- Extracted material -

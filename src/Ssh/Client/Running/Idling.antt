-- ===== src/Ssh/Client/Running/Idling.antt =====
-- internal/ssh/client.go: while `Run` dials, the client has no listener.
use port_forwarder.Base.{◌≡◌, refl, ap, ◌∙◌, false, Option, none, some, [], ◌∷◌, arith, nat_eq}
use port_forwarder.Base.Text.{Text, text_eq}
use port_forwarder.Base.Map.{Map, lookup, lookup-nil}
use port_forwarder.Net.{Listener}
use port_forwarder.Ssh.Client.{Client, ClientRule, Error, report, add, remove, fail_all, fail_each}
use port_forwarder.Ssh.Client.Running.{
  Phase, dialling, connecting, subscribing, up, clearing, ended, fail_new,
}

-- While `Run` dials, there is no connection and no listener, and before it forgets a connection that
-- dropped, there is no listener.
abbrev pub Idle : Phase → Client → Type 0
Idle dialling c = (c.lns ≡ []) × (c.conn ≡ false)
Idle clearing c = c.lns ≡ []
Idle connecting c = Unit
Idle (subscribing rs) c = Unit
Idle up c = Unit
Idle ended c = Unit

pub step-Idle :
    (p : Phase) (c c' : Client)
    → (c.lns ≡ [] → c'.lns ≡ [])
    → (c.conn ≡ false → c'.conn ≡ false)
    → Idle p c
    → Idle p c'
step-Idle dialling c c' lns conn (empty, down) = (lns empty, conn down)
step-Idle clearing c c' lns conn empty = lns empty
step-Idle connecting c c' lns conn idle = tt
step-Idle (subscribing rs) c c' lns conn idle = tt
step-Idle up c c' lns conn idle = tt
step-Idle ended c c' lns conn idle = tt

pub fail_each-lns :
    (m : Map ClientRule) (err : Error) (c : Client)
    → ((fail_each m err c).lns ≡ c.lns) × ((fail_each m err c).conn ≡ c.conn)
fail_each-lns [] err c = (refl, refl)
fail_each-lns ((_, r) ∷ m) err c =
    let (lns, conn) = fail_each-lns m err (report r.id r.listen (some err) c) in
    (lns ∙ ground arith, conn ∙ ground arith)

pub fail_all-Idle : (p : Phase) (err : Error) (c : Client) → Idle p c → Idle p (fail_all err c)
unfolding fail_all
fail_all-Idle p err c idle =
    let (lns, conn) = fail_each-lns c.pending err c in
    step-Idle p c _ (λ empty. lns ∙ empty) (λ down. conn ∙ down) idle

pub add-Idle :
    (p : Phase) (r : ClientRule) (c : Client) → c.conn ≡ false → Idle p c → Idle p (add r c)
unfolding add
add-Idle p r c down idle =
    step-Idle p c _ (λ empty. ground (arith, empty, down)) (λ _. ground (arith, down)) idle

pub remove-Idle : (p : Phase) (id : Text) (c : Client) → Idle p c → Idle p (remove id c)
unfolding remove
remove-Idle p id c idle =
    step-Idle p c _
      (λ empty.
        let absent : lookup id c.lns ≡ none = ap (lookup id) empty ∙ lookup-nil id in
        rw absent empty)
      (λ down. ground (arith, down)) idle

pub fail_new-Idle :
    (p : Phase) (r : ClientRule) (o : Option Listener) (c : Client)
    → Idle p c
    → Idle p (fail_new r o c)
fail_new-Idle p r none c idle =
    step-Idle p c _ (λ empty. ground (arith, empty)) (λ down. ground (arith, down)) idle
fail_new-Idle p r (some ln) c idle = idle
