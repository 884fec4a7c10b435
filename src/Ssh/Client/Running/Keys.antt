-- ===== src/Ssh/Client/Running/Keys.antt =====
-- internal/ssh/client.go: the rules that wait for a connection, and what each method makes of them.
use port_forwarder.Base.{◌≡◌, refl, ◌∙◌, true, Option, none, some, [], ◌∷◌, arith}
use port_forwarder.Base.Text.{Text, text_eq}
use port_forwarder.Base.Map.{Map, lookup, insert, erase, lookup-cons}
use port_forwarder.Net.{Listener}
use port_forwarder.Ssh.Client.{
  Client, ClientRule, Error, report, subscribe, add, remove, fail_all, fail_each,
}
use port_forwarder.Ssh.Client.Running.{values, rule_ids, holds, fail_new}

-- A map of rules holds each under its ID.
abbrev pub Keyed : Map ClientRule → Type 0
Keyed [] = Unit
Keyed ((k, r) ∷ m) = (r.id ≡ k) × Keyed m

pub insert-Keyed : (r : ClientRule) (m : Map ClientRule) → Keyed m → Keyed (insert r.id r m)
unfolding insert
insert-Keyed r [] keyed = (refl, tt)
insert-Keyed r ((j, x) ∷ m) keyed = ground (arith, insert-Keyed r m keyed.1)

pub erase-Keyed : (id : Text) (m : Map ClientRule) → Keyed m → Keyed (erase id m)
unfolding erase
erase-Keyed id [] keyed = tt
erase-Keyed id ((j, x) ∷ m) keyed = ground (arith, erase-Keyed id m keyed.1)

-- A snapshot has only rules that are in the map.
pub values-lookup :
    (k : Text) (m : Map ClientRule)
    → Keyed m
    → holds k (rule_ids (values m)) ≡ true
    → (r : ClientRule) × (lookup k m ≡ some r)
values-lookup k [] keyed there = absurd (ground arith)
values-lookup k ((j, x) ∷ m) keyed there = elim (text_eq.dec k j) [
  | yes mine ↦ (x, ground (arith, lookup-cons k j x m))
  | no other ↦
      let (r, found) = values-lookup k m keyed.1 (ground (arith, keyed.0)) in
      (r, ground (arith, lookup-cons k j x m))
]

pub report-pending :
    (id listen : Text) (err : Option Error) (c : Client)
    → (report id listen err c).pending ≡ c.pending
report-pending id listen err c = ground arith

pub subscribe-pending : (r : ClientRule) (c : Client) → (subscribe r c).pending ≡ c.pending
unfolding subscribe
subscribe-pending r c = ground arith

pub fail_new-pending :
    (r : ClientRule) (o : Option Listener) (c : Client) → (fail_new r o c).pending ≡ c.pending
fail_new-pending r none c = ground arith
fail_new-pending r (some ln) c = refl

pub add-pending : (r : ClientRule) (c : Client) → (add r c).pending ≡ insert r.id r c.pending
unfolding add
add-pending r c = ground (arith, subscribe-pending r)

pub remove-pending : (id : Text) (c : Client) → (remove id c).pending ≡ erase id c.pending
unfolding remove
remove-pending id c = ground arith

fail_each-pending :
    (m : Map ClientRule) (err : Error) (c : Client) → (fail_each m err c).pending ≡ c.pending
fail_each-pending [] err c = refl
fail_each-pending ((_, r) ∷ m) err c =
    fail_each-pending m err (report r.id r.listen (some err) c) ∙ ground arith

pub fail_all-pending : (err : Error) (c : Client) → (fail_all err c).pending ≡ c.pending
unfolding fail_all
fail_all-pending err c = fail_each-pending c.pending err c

- Exercise requirements -
For this exercise, transcribe all the records exactly.

- Result of the exercise -
filename src/Ssh/Client/Running/Idling.antt
-- ===== src/Ssh/Client/Running/Idling.antt =====
-- internal/ssh/client.go: while `Run` dials, the client has no listener.
use port_forwarder.Base.{◌≡◌, refl, ap, ◌∙◌, false, Option, none, some, [], ◌∷◌, arith, nat_eq}
use port_forwarder.Base.Text.{Text, text_eq}
use port_forwarder.Base.Map.{Map, lookup, lookup-nil}
use port_forwarder.Net.{Listener}
use port_forwarder.Ssh.Client.{Client, ClientRule, Error, report, add, remove, fail_all, fail_each}
use port_forwarder.Ssh.Client.Running.{
  Phase, dialling, connecting, subscribing, up, clearing, ended, fail_new,
}

-- While `Run` dials, there is no connection and no listener, and before it forgets a connection that
-- dropped, there is no listener.
abbrev pub Idle : Phase → Client → Type 0
Idle dialling c = (c.lns ≡ []) × (c.conn ≡ false)
Idle clearing c = c.lns ≡ []
Idle connecting c = Unit
Idle (subscribing rs) c = Unit
Idle up c = Unit
Idle ended c = Unit

pub step-Idle :
    (p : Phase) (c c' : Client)
    → (c.lns ≡ [] → c'.lns ≡ [])
    → (c.conn ≡ false → c'.conn ≡ false)
    → Idle p c
    → Idle p c'
step-Idle dialling c c' lns conn (empty, down) = (lns empty, conn down)
step-Idle clearing c c' lns conn empty = lns empty
step-Idle connecting c c' lns conn idle = tt
step-Idle (subscribing rs) c c' lns conn idle = tt
step-Idle up c c' lns conn idle = tt
step-Idle ended c c' lns conn idle = tt

pub fail_each-lns :
    (m : Map ClientRule) (err : Error) (c : Client)
    → ((fail_each m err c).lns ≡ c.lns) × ((fail_each m err c).conn ≡ c.conn)
fail_each-lns [] err c = (refl, refl)
fail_each-lns ((_, r) ∷ m) err c =
    let (lns, conn) = fail_each-lns m err (report r.id r.listen (some err) c) in
    (lns ∙ ground arith, conn ∙ ground arith)

pub fail_all-Idle : (p : Phase) (err : Error) (c : Client) → Idle p c → Idle p (fail_all err c)
unfolding fail_all
fail_all-Idle p err c idle =
    let (lns, conn) = fail_each-lns c.pending err c in
    step-Idle p c _ (λ empty. lns ∙ empty) (λ down. conn ∙ down) idle

pub add-Idle :
    (p : Phase) (r : ClientRule) (c : Client) → c.conn ≡ false → Idle p c → Idle p (add r c)
unfolding add
add-Idle p r c down idle =
    step-Idle p c _ (λ empty. ground (arith, empty, down)) (λ _. ground (arith, down)) idle

pub remove-Idle : (p : Phase) (id : Text) (c : Client) → Idle p c → Idle p (remove id c)
unfolding remove
remove-Idle p id c idle =
    step-Idle p c _
      (λ empty.
        let absent : lookup id c.lns ≡ none = ap (lookup id) empty ∙ lookup-nil id in
        rw absent empty)
      (λ down. ground (arith, down)) idle

pub fail_new-Idle :
    (p : Phase) (r : ClientRule) (o : Option Listener) (c : Client)
    → Idle p c
    → Idle p (fail_new r o c)
fail_new-Idle p r none c idle =
    step-Idle p c _ (λ empty. ground (arith, empty)) (λ down. ground (arith, down)) idle
fail_new-Idle p r (some ln) c idle = idle
repository 884fec4a7c10b435
filename src/Ssh/Client/Running/Keys.antt
-- ===== src/Ssh/Client/Running/Keys.antt =====
-- internal/ssh/client.go: the rules that wait for a connection, and what each method makes of them.
use port_forwarder.Base.{◌≡◌, refl, ◌∙◌, true, Option, none, some, [], ◌∷◌, arith}
use port_forwarder.Base.Text.{Text, text_eq}
use port_forwarder.Base.Map.{Map, lookup, insert, erase, lookup-cons}
use port_forwarder.Net.{Listener}
use port_forwarder.Ssh.Client.{
  Client, ClientRule, Error, report, subscribe, add, remove, fail_all, fail_each,
}
use port_forwarder.Ssh.Client.Running.{values, rule_ids, holds, fail_new}

-- A map of rules holds each under its ID.
abbrev pub Keyed : Map ClientRule → Type 0
Keyed [] = Unit
Keyed ((k, r) ∷ m) = (r.id ≡ k) × Keyed m

pub insert-Keyed : (r : ClientRule) (m : Map ClientRule) → Keyed m → Keyed (insert r.id r m)
unfolding insert
insert-Keyed r [] keyed = (refl, tt)
insert-Keyed r ((j, x) ∷ m) keyed = ground (arith, insert-Keyed r m keyed.1)

pub erase-Keyed : (id : Text) (m : Map ClientRule) → Keyed m → Keyed (erase id m)
unfolding erase
erase-Keyed id [] keyed = tt
erase-Keyed id ((j, x) ∷ m) keyed = ground (arith, erase-Keyed id m keyed.1)

-- A snapshot has only rules that are in the map.
pub values-lookup :
    (k : Text) (m : Map ClientRule)
    → Keyed m
    → holds k (rule_ids (values m)) ≡ true
    → (r : ClientRule) × (lookup k m ≡ some r)
values-lookup k [] keyed there = absurd (ground arith)
values-lookup k ((j, x) ∷ m) keyed there = elim (text_eq.dec k j) [
  | yes mine ↦ (x, ground (arith, lookup-cons k j x m))
  | no other ↦
      let (r, found) = values-lookup k m keyed.1 (ground (arith, keyed.0)) in
      (r, ground (arith, lookup-cons k j x m))
]

pub report-pending :
    (id listen : Text) (err : Option Error) (c : Client)
    → (report id listen err c).pending ≡ c.pending
report-pending id listen err c = ground arith

pub subscribe-pending : (r : ClientRule) (c : Client) → (subscribe r c).pending ≡ c.pending
unfolding subscribe
subscribe-pending r c = ground arith

pub fail_new-pending :
    (r : ClientRule) (o : Option Listener) (c : Client) → (fail_new r o c).pending ≡ c.pending
fail_new-pending r none c = ground arith
fail_new-pending r (some ln) c = refl

pub add-pending : (r : ClientRule) (c : Client) → (add r c).pending ≡ insert r.id r c.pending
unfolding add
add-pending r c = ground (arith, subscribe-pending r)

pub remove-pending : (id : Text) (c : Client) → (remove id c).pending ≡ erase id c.pending
unfolding remove
remove-pending id c = ground arith

fail_each-pending :
    (m : Map ClientRule) (err : Error) (c : Client) → (fail_each m err c).pending ≡ c.pending
fail_each-pending [] err c = refl
fail_each-pending ((_, r) ∷ m) err c =
    fail_each-pending m err (report r.id r.listen (some err) c) ∙ ground arith

pub fail_all-pending : (err : Error) (c : Client) → (fail_all err c).pending ≡ c.pending
unfolding fail_all
fail_all-pending err c = fail_each-pending c.pending err c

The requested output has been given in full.